Эрвар внимательно его выслушал, и, увидев, что тому нечего больше сказать, он ему ответил, что всегда верил, когда требуется получить добрые известия, надо адресоваться к Министрам, но он позволит себе ему сказать, если у него были другие новости, прошедшие по его каналу, как он получил по нему эту, вовсе не следовало на ней основываться; он не тратил столько, как тот, на шпионов и, однако, ему служили лучше; он знал из абсолютно надежного источника, что Аббат был в Париже еще дважды по двадцать четыре часа назад, так что тот не должен быть особенно благодарен тем, кто утверждали ему обратное. Кольбер пожелал узнать, кто ему это сказал. Тот ответил ему, что это были люди не только видевшие его своими собственными глазами, но еще и пившие, и евшие вместе с ним. Кольбер не удовлетворился этим заявлением, однако, столь определенным, что яснее и быть не могло, по крайней мере, пока Эрвар ему не скажет, что это он сам видел его и ел вместе с Аббатом. Он пожелал, чтобы тот назвал ему этих персон, и Эрвар, не в силах больше защищаться после того, что он ему сказал, признался ему, что это была его же любовница; поскольку он был человеком удовольствий, и даже подчас искавшим их там, где ему не позволено было и думать этого делать, не совершая при этом преступления, превышавшего преступления обычные. Кольбер спросил его, если это Аббат был с ней, как же она осмелилась признаться в этом ему, кто мог бы ее приревновать; тот ему ответил, что дело обстояло не совсем так, как он подумал; но она отправилась к одной из ее подруг, кто посылала за ней, чтобы вместе поужинать; застолье было на четверых, потому как там оказался один человек Двора, кого она совсем не знала, ни она, ни ее подруга; он у нее спросил, как тот выглядел, и по манере, в какой она ему его обрисовала, он догадался, что это был Ла Фейад.
/Свидетельство публичной девки./ Месье Кольберу нечего было больше после этого сказать, и легко поверив подозрению Эрвара, что четвертым за этим ужином был тот, кого он ему назвал, Кольбер поговорил обо всем с Его Величеством. Король, естественно, любил Ла Фейада. Ему нравилось выслушивать, как тот выкладывал ему все свои нелепости; итак, ответив этому Министру, что несправедливо было бы обвинять и еще менее карать человека по простому подозрению, он отдал ему приказ прояснить это дело настолько, насколько он сможет. Кольбер мог бы посодействовать этому так, чтобы подобные вещи не случались больше в будущем, отправив Аббата в ссылку в Кимперкорантен, что казалось местом, куда удаляют тех, о ком не хотят больше слышать, или куда-нибудь в сторону Пиренеев, где видят столько же медведей, сколько и разумных людей. Но либо он не верил, что его месть будет достаточно этим утолена, или же он хотел взять Ла Фейада с поличным, поскольку он далеко не испытывал к нему такой же дружбы, как Король, он сказал Эрвару пообещать его любовнице от его имени тысячу экю, благодаря чему она предупредит его, когда Аббат возвратится в Париж. Не понадобилось бы такой тайны, если бы предупреждение должно было явиться от кого-либо иного, а не от публичных девок.
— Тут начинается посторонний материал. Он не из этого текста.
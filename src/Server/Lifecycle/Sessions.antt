-- ===== src/Server/Lifecycle/Sessions.antt =====
-- What holds of a session from its handshake to its end, whatever the client sends and whatever
-- other connections do meanwhile.
use sodp.Base.{
  ℕ, String, ◌≡◌, refl, sym, ap, ◌∙◌, subst, true, false, Option, some, none, List, Option-cases,
  inl, inr, some-injective, none-ne-some, All,
}
use sodp.Base.IdMap
use sodp.Json.{obj}
use sodp.Frame.{Bytes, hello}
use sodp.Session
use sodp.Session.{Session, add_watch, allocate_stream, remove_watch, ack_stream}
use sodp.Fanout.{subscribers, is_other}
use sodp.Server.{Config}
use sodp.Server.Reading.{IsReadable, IsReadable-IsKept}
use sodp.Server.Departure.{end_session-departs}
use sodp.Server.Handshake.{Claims, JwtConfig, Crates, Inbound, Outcome, authenticated, refused}
use sodp.Server.Handshake.Admission.{Admits, auth_handshake_iff}
use sodp.Server.Lifecycle.{
  Settings, Shared, connected, Event, event_loop, admit, establish, make_handle, run_session,
  handle_connection, is_some, capabilities,
}
use sodp.Server.Lifecycle.Loop.{event_loop-keeps, IsOf, IsOf-IsKept}

-- The session that a handshake leaves: the fresh one, or the one of the user that it admitted.
outcome-cases :
    (session : Session) (o : Outcome) (s : Session)
    → admit session o ≡ some s
    → (claims : Claims) × (rest : List Inbound) × (o ≡ authenticated claims rest)
      × (s ≡ record session { sub = some claims.sub; claims = obj claims.extra })
outcome-cases session (authenticated claims rest) s h =
    (claims, rest, refl, sym (some-injective _ _ h))
outcome-cases session (refused reason) s h = absurd (none-ne-some _ h)

module _ (crates : Crates) (settings : Settings) (fresh : Session) (ms : List Inbound)
    (s : Session) where
  -- The messages let the user of the session in, by a valid token.
  abbrev pub IsAdmitted : JwtConfig → Type 0
  IsAdmitted config =
      (claims : Claims) × (rest : List Inbound) × Admits crates settings.max_frame_bytes config ms
        claims rest
      × (s.sub ≡ some claims.sub)
      × (s.claims ≡ obj claims.extra)

  establish-IsAdmitted :
      (config : JwtConfig)
      → establish crates settings fresh (some config) ms ≡ some s
      → IsAdmitted config
  establish-IsAdmitted config h =
      let (claims, rest, o, e) = outcome-cases fresh _ s h in
      (
        claims,
        rest,
        (auth_handshake_iff crates settings.max_frame_bytes config ms claims rest).0 o,
        ap (λ t. t.sub) e,
        ap (λ t. t.claims) e,
      )

  establish-unchanged :
      (jwt : Option JwtConfig)
      → establish crates settings fresh jwt ms ≡ some s
      → (s.id ≡ fresh.id) × (s.watches ≡ fresh.watches)
  establish-unchanged none h =
      let e = sym (some-injective _ _ h) in (ap (λ t. t.id) e, ap (λ t. t.watches) e)
  establish-unchanged (some config) h =
      let (claims, rest, o, e) = outcome-cases fresh _ s h in
      (ap (λ t. t.id) e, ap (λ t. t.watches) e)

module _ (cfg : Config) (crates : Crates) (settings : Settings) where
  module _ (uuid : String) (now handle : ℕ) (ms : List Inbound) (events : List Event) where
    abbrev fresh : Session
    fresh = Session.new uuid now settings.rate_writes_per_sec settings.rate_watches_per_sec

    -- The loop starts in any shared state.
    module _ (started : Shared) (session : Session)
        (established : establish crates settings fresh settings.jwt_config ms ≡ some session) where
      abbrev in_loop : Session
      in_loop =
          (event_loop cfg crates settings (connected started session handle) false events).session

      -- Whatever a client sends after its handshake, and whatever other connections do, each stream
      -- of its session is on a key that the session may read, at every moment of its loop.
      pub event_loop-IsReadable : IsReadable cfg in_loop
      unfolding Session.new IdMap.get
      event_loop-IsReadable =
          let unchanged =
            establish-unchanged crates settings fresh ms session settings.jwt_config established in
          event_loop-keeps cfg crates settings (IsReadable cfg) (IsReadable-IsKept cfg) _ false
            events
            (record {
              on_stream = λ id w h.
                  absurd (none-ne-some _ (subst (λ m. IdMap.get m id ≡ some w) unchanged.1 h));
            })

      -- Where the server asks for tokens, the user and the claims of a session are, at every moment
      -- of its loop, those of a valid token in an AUTH frame, before which the client sent nothing
      -- but keep-alives.
      pub event_loop-IsAdmitted :
          (config : JwtConfig)
          → settings.jwt_config ≡ some config
          → IsAdmitted crates settings fresh ms in_loop config
      event_loop-IsAdmitted config e =
          let (claims, rest, a, b, c) =
            establish-IsAdmitted crates settings fresh ms session config
              (subst (λ j. establish crates settings fresh j ms ≡ some session) e established) in
          let o =
            event_loop-keeps cfg crates settings (IsOf session.id session.sub session.claims)
              (IsOf-IsKept cfg session.id session.sub session.claims)
              (connected started session handle) false events
              (record { same_id = refl; same_sub = refl; same_claims = refl }) in
          (claims, rest, a, o.same_sub ∙ b, o.same_claims ∙ c)

      id-in_loop : in_loop.id ≡ uuid
      unfolding Session.new
      id-in_loop =
          (event_loop-keeps cfg crates settings (IsOf session.id session.sub session.claims)
            (IsOf-IsKept cfg session.id session.sub session.claims)
            (connected started session handle) false events
            (record { same_id = refl; same_sub = refl; same_claims = refl })).same_id
          ∙ (establish-unchanged crates settings fresh ms session settings.jwt_config established).0

  module _ (sh : Shared) (uuid : String) (now handle : ℕ) (ms : List Inbound)
      (events : List Event) where
    abbrev hello_bytes : Option Bytes
    hello_bytes = crates.encode (hello (is_some settings.jwt_config) (capabilities settings))

    abbrev logged_in : Option Session
    logged_in = establish crates settings (fresh uuid now handle ms events) settings.jwt_config ms

    not_established :
        (config : JwtConfig)
        → settings.jwt_config ≡ some config
        → ((claims : Claims) (rest : List Inbound)
            → ¬ Admits crates settings.max_frame_bytes config ms claims rest)
        → logged_in ≡ none
    not_established config e no_way = elim (Option-cases logged_in) [
      | inl n ↦ n
      | inr (session, h) ↦
          let (claims, rest, a, b, c) =
            establish-IsAdmitted crates settings (fresh uuid now handle ms events) ms session config
              (subst
                (λ j.
                  establish crates settings (fresh uuid now handle ms events) j ms ≡ some session)
                e h) in
          absurd (no_way claims rest a)
    ]

    -- A connection whose client is not let in leaves the store, the bus, the queues and what goes
    -- to the cluster exactly as they were.
    pub handle_connection-refused :
        (config : JwtConfig)
        → settings.jwt_config ≡ some config
        → ((claims : Claims) (rest : List Inbound)
            → ¬ Admits crates settings.max_frame_bytes config ms claims rest)
        → handle_connection cfg crates settings sh uuid now handle ms events ≡ sh
    unfolding handle_connection
    handle_connection-refused config e no_way = elim (Option-cases hello_bytes) [
      | inl h ↦ rw (h, handle_connection)
      | inr (b, h) ↦
          rw (h, handle_connection) (rw (not_established config e no_way, handle_connection))
    ]

    ends :
        (key : String) (started : Shared) (session : Session)
        → logged_in ≡ some session
        → All
            (λ s. is_other uuid s ≡ true)
            (subscribers (run_session cfg crates settings started handle session events).fanout key)
    unfolding run_session
    ends key started session e =
        subst
          (λ id.
            All (λ s. is_other id s ≡ true)
              (subscribers (run_session cfg crates settings started handle session events).fanout
                key))
          (id-in_loop uuid now handle ms events started session e)
          (end_session-departs cfg
            (event_loop cfg crates settings (connected started session handle) false events) key)

    -- When a connection has ended, however it did, the bus has no subscriber of its session, if it
    -- had none of the fresh UUID before.
    pub handle_connection-departs :
        (key : String)
        → All (λ s. is_other uuid s ≡ true) (subscribers sh.fanout key)
        → All
            (λ s. is_other uuid s ≡ true)
            (subscribers
              (handle_connection cfg crates settings sh uuid now handle ms events).fanout
              key)
    unfolding handle_connection run_session
    handle_connection-departs key before = elim (Option-cases hello_bytes) [
      | inl h ↦ rw (h, handle_connection) before
      | inr (b, h) ↦ elim (Option-cases logged_in) [
        | inl n ↦ rw (h, handle_connection) (rw (n, handle_connection) before)
        | inr (session, e) ↦ elim (Option-cases (make_handle settings sh handle)) [
          | inl panic ↦
              rw (h, handle_connection)
                (rw (e, handle_connection) (rw (panic, handle_connection) before))
          | inr (started, made) ↦
              rw (h, handle_connection)
                (rw (e, handle_connection)
                  (rw (made, handle_connection) (ends key started session e)))
        ]
      ]
    ]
Это было бы уже два свидетеля против Ла Фейада, предполагая во всяком случае, что речь шла о нем; но так как их свидетельство не принималось правосудием, а, к тому же, он еще и боялся, если воспользуется их посредничеством, как бы у него не спросили, откуда он их знает, он лучше предпочел запастись терпением, чем рисковать своей репутацией, желая ускорить свою месть.
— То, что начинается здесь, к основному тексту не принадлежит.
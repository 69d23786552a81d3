-- ===== src/Server/Lifecycle/Zombies.antt =====
-- The ping that finds dead connections.
use sodp.Base.{
  ℕ, ◌≡◌, refl, subst, true, false, Bool, List, [], ◌∷◌, ◌++◌, Bool-cases, Option-cases, inl, inr,
  ltb, length, All,
}
use sodp.Server.{Config, Connection}
use sodp.Server.Handshake.{Crates, binary, ping, pong, closed, other}
use sodp.Server.Lifecycle.{
  Settings, Event, message, shutdown, token_expired, ping_tick, slow_cancelled, elsewhere, Flow,
  Flow-cases, go, stop, on_message, on_event, event_loop,
}

abbrev pub is_pong : Event → Bool
is_pong (message now pong) = true
is_pong _ = false

module _ (cfg : Config) (crates : Crates) (settings : Settings) where
  -- The flag stays up, if the loop goes on.
  abbrev Waits : Flow → Type 0
  Waits (go c awaiting_pong) = awaiting_pong ≡ true
  Waits (stop c) = Unit

  on_binary-Waits :
      (now : ℕ) (c : Connection) (bytes : List ℕ)
      → Waits (on_message cfg crates settings now c true (binary bytes))
  unfolding on_message
  on_binary-Waits now c bytes = elim (Bool-cases (ltb settings.max_frame_bytes (length bytes))) [
    | inl large ↦ rw large tt
    | inr fits ↦ rw fits (elim (Option-cases (crates.decode bytes)) [
      | inl bad ↦ rw bad refl
      | inr (f, good) ↦ rw good refl
    ])
  ]

  on_event-Waits :
      (c : Connection) (e : Event)
      → is_pong e ≡ false
      → Waits (on_event cfg crates settings c true e)
  unfolding on_event on_message
  on_event-Waits c (message now (binary bytes)) h = on_binary-Waits now c bytes
  on_event-Waits c (message now (ping payload)) h = refl
  on_event-Waits c (message now pong) h = cc
  on_event-Waits c (message now closed) h = tt
  on_event-Waits c (message now other) h = refl
  on_event-Waits c shutdown h = tt
  on_event-Waits c token_expired h = tt
  on_event-Waits c ping_tick h = tt
  on_event-Waits c slow_cancelled h = tt
  on_event-Waits c (elsewhere sh) h = refl

  ends_at_tick :
      (c : Connection) (events rest : List Event)
      → All (λ e. is_pong e ≡ false) events
      → event_loop cfg crates settings c true (events ++ ping_tick ∷ rest)
        ≡ event_loop cfg crates settings c true (events ++ ping_tick ∷ [])
  unfolding event_loop on_event
  ends_at_tick c [] rest h = refl
  ends_at_tick c (e ∷ events) rest h =
      let waits = on_event-Waits c e h.0 in
      elim (Flow-cases (on_event cfg crates settings c true e)) [
        | inr (c', flow) ↦ rw (flow, event_loop)
        | inl (c', aw', flow) ↦
            let up : aw' ≡ true = subst Waits flow waits in
            rw (flow, event_loop) (rw up (ends_at_tick c' events rest h.1))
      ]

  -- A client that answers no ping is dropped: from one tick of the ping timer on, if no pong comes
  -- before the next tick, the loop has ended by that tick, and nothing that comes later is handled.
  pub event_loop_unanswered :
      (c : Connection) (awaiting_pong : Bool) (events rest : List Event)
      → All (λ e. is_pong e ≡ false) events
      → event_loop cfg crates settings c awaiting_pong (ping_tick ∷ events ++ ping_tick ∷ rest)
        ≡ event_loop cfg crates settings c awaiting_pong (ping_tick ∷ events ++ ping_tick ∷ [])
  unfolding event_loop on_event
  event_loop_unanswered c true events rest h = refl
  event_loop_unanswered c false events rest h = ends_at_tick _ events rest h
Причина, по какой он не любил Ла Фейада, была та, что в день, когда я арестовал Месье Фуке, он находился во Дворе замка Нанта, где он и крикнул тому походя, якобы тот может рассчитывать, что он будет его слугой и на жизнь и на смерть, но не в ущерб интересам Его Величества. Он ни о чем, конечно, не подумал, когда выкинул штуку вроде этой, поскольку это означало обвинить этого Монарха в несправедливости или же в слабости, его, по чьему приказу, как он прекрасно знал, того и арестовали. Итак, здесь были задеты интересы Его Величества, а, следовательно, ничего не могло быть более неблагоразумного и более бессмысленного вместе, чем предложение услуг, с каким он обратился к пленнику; но так как он не обладал большим рассудком, он не придал этому особого значения. Совсем наоборот, он был очень доволен собственной персоной, что вот так отличился на виду у всего Двора.